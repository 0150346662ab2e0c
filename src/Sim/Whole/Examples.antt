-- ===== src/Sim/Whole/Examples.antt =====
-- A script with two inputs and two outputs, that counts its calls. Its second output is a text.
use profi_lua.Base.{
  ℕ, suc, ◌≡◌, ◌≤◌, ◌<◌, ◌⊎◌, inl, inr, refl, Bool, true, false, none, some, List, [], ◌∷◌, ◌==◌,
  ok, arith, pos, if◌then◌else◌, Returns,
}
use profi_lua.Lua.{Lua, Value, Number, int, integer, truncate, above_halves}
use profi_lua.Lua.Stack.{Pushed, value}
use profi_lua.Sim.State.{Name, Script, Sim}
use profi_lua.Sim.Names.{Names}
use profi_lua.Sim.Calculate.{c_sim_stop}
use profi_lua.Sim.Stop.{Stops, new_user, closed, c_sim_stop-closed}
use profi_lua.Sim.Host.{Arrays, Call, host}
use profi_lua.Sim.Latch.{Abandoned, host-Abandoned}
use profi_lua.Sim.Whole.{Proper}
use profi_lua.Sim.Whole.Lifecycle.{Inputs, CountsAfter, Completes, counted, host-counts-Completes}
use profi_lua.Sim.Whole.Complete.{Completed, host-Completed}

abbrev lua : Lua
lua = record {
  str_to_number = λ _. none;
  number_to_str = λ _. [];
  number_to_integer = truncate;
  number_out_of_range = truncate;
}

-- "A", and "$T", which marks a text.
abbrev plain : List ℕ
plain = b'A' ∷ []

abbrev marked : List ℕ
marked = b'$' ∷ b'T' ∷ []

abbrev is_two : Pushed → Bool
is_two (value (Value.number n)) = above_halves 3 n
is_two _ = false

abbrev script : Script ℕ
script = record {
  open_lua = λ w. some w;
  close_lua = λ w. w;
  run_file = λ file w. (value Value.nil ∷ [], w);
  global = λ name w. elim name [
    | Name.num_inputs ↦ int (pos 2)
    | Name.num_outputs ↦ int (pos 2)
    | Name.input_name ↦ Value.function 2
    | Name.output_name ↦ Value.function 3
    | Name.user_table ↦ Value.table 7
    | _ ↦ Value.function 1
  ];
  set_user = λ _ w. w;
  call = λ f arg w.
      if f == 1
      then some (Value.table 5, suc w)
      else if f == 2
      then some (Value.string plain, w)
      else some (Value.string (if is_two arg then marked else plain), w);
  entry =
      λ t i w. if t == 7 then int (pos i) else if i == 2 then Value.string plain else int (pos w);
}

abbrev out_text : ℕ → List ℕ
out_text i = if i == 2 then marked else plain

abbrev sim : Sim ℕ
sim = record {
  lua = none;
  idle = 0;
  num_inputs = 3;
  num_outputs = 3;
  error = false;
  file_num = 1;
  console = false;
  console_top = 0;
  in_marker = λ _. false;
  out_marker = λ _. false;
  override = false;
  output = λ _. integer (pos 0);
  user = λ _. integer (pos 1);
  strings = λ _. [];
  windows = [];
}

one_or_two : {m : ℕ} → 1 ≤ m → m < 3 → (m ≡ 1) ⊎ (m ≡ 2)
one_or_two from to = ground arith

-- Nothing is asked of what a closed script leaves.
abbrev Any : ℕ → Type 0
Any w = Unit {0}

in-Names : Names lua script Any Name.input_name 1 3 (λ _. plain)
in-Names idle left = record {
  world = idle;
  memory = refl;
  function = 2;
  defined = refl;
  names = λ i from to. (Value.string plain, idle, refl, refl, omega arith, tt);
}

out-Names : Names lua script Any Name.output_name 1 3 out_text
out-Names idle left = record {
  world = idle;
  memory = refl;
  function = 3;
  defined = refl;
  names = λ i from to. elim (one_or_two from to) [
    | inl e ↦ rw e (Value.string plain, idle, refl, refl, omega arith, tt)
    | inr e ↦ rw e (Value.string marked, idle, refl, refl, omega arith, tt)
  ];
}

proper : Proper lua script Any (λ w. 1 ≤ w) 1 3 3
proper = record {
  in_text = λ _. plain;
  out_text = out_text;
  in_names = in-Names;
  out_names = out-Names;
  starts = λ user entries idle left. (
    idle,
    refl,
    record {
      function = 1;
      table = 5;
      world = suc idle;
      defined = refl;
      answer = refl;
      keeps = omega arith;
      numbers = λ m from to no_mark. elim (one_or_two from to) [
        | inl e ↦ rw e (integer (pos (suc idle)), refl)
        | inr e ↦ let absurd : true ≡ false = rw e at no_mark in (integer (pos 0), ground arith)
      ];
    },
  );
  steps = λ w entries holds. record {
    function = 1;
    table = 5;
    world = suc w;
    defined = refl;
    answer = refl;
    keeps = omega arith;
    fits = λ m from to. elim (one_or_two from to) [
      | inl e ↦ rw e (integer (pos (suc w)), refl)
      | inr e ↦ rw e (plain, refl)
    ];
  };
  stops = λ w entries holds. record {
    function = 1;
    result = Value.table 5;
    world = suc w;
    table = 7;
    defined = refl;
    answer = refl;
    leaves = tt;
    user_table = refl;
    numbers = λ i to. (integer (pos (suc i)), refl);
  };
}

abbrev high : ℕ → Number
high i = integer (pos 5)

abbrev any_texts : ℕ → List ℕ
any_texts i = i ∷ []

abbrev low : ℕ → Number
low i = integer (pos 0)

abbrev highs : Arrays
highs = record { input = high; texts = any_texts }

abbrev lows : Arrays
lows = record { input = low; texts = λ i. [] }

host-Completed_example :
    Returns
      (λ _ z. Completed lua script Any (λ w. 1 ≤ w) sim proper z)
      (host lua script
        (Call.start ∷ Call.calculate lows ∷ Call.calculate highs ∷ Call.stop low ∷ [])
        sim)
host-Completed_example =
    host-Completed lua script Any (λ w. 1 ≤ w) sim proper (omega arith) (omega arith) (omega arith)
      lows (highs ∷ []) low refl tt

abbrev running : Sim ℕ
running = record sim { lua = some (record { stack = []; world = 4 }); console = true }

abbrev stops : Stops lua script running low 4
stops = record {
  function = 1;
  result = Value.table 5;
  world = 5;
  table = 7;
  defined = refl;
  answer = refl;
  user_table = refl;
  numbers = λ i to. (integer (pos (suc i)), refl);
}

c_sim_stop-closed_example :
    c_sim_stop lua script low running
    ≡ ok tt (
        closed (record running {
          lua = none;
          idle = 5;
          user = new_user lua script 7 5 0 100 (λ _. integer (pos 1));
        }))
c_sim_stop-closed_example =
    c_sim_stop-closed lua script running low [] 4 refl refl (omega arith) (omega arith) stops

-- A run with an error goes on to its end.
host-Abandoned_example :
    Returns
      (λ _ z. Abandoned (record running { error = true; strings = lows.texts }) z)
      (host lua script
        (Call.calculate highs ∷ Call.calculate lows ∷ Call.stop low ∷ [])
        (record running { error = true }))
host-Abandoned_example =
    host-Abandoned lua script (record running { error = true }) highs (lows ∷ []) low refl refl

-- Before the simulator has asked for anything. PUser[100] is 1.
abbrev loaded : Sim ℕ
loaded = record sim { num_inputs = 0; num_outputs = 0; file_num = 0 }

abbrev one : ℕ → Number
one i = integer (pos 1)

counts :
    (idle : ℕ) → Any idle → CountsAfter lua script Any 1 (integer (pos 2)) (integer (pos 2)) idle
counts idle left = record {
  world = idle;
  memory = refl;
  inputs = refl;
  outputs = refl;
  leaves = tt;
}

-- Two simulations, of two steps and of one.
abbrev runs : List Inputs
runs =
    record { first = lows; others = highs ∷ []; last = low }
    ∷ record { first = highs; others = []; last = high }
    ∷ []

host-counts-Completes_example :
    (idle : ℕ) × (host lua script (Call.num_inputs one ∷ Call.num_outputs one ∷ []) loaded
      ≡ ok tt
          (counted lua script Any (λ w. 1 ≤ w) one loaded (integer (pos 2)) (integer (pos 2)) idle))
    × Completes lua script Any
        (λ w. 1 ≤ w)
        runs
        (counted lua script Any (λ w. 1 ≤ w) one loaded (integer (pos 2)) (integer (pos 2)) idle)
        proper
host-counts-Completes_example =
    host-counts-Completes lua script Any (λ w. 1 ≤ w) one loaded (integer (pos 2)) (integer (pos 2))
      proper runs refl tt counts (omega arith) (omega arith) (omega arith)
########
* **Work required**: In the listing above, locate the line containing "run_file = λ" and the line containing "then some (Value.string plain, w)". Extract those two lines and every line between them, exactly as written, and only those.

* **Answer below**:
  run_file = λ file w. (value Value.nil ∷ [], w);
  global = λ name w. elim name [
    | Name.num_inputs ↦ int (pos 2)
    | Name.num_outputs ↦ int (pos 2)
    | Name.input_name ↦ Value.function 2
    | Name.output_name ↦ Value.function 3
    | Name.user_table ↦ Value.table 7
    | _ ↦ Value.function 1
  ];
  set_user = λ _ w. w;
  call = λ f arg w.
      if f == 1
      then some (Value.table 5, suc w)
      else if f == 2
      then some (Value.string plain, w)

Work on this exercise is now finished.